Start of RAW DATA

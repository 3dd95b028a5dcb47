-- ===== src/Handler/Steps.antt =====
-- The threads of the fuzzer interleaved (fuzzer/fuzzer/handler.cpp: `single_threaded_loop`,
-- `FuzzerProcessMonitor`, `FuzzerTraceRetriever`; commander.cpp: `TimeoutWatcher`). The target writes
-- to the container of traces at any time.
use fuzzer_goal_directed.Prelude.{ℕ, ◌+◌, ◌≤◌, ◌<◌, ◌≡◌, true, none, List, [], ◌∷◌, length, u64_mod}
use fuzzer_goal_directed.Result.{ok}
use fuzzer_goal_directed.OrderedMap.{lookup}
use fuzzer_goal_directed.Individual.{Individual}
use fuzzer_goal_directed.Trace.{Container}
use fuzzer_goal_directed.Coverage.{CacheOps, GraphOps}
use fuzzer_goal_directed.Measure.{Floats}
use fuzzer_goal_directed.Processes.{Waited, watch}
use fuzzer_goal_directed.Commander.{Launched, started}
use fuzzer_goal_directed.Handler.{Handler, begin_generation, launch, monitor_round, retriever_round}

-- Where the main thread is in a generation: at the individuals that are left, at the wait for
-- `all_testscases_sent`, at the wait for the traces, or behind it.
pub data Stage : Type 0 where
  launching : List Individual → Stage
  sending completing completed : Stage

module _ {B G V : Type 0} where
  -- What is assumed of the numbers of processes: one that is started stands in none of the tables, so
  -- the number of a process that ended is not given out again before the monitor has removed it.
  abbrev pub Unused : Handler B G V → Launched → Type 0
  Unused h outcome =
      (pid : ℕ)
      → outcome ≡ started pid
      → (lookup pid h.commander.testcase_pids ≡ none)
        × (lookup pid h.commander.child_processes.pid_statuses ≡ none)

module _ {B G V W : Type 0} (blocks : CacheOps (ℕ × ℕ) B) (graph : GraphOps G)
    (vertices : CacheOps ℕ V) (floats : Floats W) where
  abbrev pub System : Type 0
  System = Stage × Handler B G V

  abbrev pub announced : Handler B G V → Handler B G V
  announced h = record h { monitor = record (h.monitor) { all_received = true } }

  abbrev pub traces_awaited : Handler B G V → Handler B G V
  traces_awaited h = record h { retriever = record (h.retriever) { all_received = true } }

  pub data Step : System → System → Type 0 where
    -- The main thread.
    launches :
        (h : Handler B G V) (i : Individual) (rest : List Individual) (timer : ℕ)
        (outcome : Launched)
        → h.current_testcase_id + 1 < u64_mod
        → Unused h outcome
        → Step (launching (i ∷ rest), h) (launching rest, (launch h i timer outcome).1)
    announces : (h : Handler B G V) → Step (launching [], h) (sending, announced h)
    sees_all_sent :
        (h : Handler B G V)
        → h.monitor.all_sent ≡ true
        → Step (sending, h) (completing, traces_awaited h)
    sees_all_processed :
        (h : Handler B G V)
        → h.to_process ≤ h.retriever.processed_testcases
        → Step (completing, h) (completed, h)
    -- The other threads and the target.
    watches :
        (s : Stage) (h : Handler B G V) (elapsed : ℕ → ℕ) (waitpid : ℕ → Waited)
        → Step
            (s, h)
            (
              s,
              record h {
                commander = record (h.commander) {
                  child_processes = (watch elapsed waitpid h.commander.child_processes).0;
                };
              },
            )
    monitors : (s : Stage) (h : Handler B G V) → Step (s, h) (s, monitor_round h)
    retrieves :
        (s : Stage) (h h' : Handler B G V)
        → retriever_round blocks graph vertices floats h ≡ ok h'
        → Step (s, h) (s, h')
    writes :
        (s : Stage) (h : Handler B G V) (c : Container)
        → Step (s, h) (s, record h { container = c })

  pub data Reach (s : System) : System → Type 0 where
    here : Reach s s
    next : {t u : System} → Reach s t → Step t u → Reach s u

  -- The generation of the individuals `is`, from its start on.
  abbrev pub generation : Handler B G V → List Individual → System
  generation h is = (launching is, begin_generation h (length is))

End of RAW DATA

| WORK ITEM |
Retype only the stretch of lines above starting at the one with "(vertices : CacheOps" and stopping at the one with "(s : Stage) (h h' : Handler B G V)", exactly as written, with both kept.

| RESPONSE TO THIS TASK |
    (vertices : CacheOps ℕ V) (floats : Floats W) where
  abbrev pub System : Type 0
  System = Stage × Handler B G V

  abbrev pub announced : Handler B G V → Handler B G V
  announced h = record h { monitor = record (h.monitor) { all_received = true } }

  abbrev pub traces_awaited : Handler B G V → Handler B G V
  traces_awaited h = record h { retriever = record (h.retriever) { all_received = true } }

  pub data Step : System → System → Type 0 where
    -- The main thread.
    launches :
        (h : Handler B G V) (i : Individual) (rest : List Individual) (timer : ℕ)
        (outcome : Launched)
        → h.current_testcase_id + 1 < u64_mod
        → Unused h outcome
        → Step (launching (i ∷ rest), h) (launching rest, (launch h i timer outcome).1)
    announces : (h : Handler B G V) → Step (launching [], h) (sending, announced h)
    sees_all_sent :
        (h : Handler B G V)
        → h.monitor.all_sent ≡ true
        → Step (sending, h) (completing, traces_awaited h)
    sees_all_processed :
        (h : Handler B G V)
        → h.to_process ≤ h.retriever.processed_testcases
        → Step (completing, h) (completed, h)
    -- The other threads and the target.
    watches :
        (s : Stage) (h : Handler B G V) (elapsed : ℕ → ℕ) (waitpid : ℕ → Waited)
        → Step
            (s, h)
            (
              s,
              record h {
                commander = record (h.commander) {
                  child_processes = (watch elapsed waitpid h.commander.child_processes).0;
                };
              },
            )
    monitors : (s : Stage) (h : Handler B G V) → Step (s, h) (s, monitor_round h)
    retrieves :
        (s : Stage) (h h' : Handler B G V)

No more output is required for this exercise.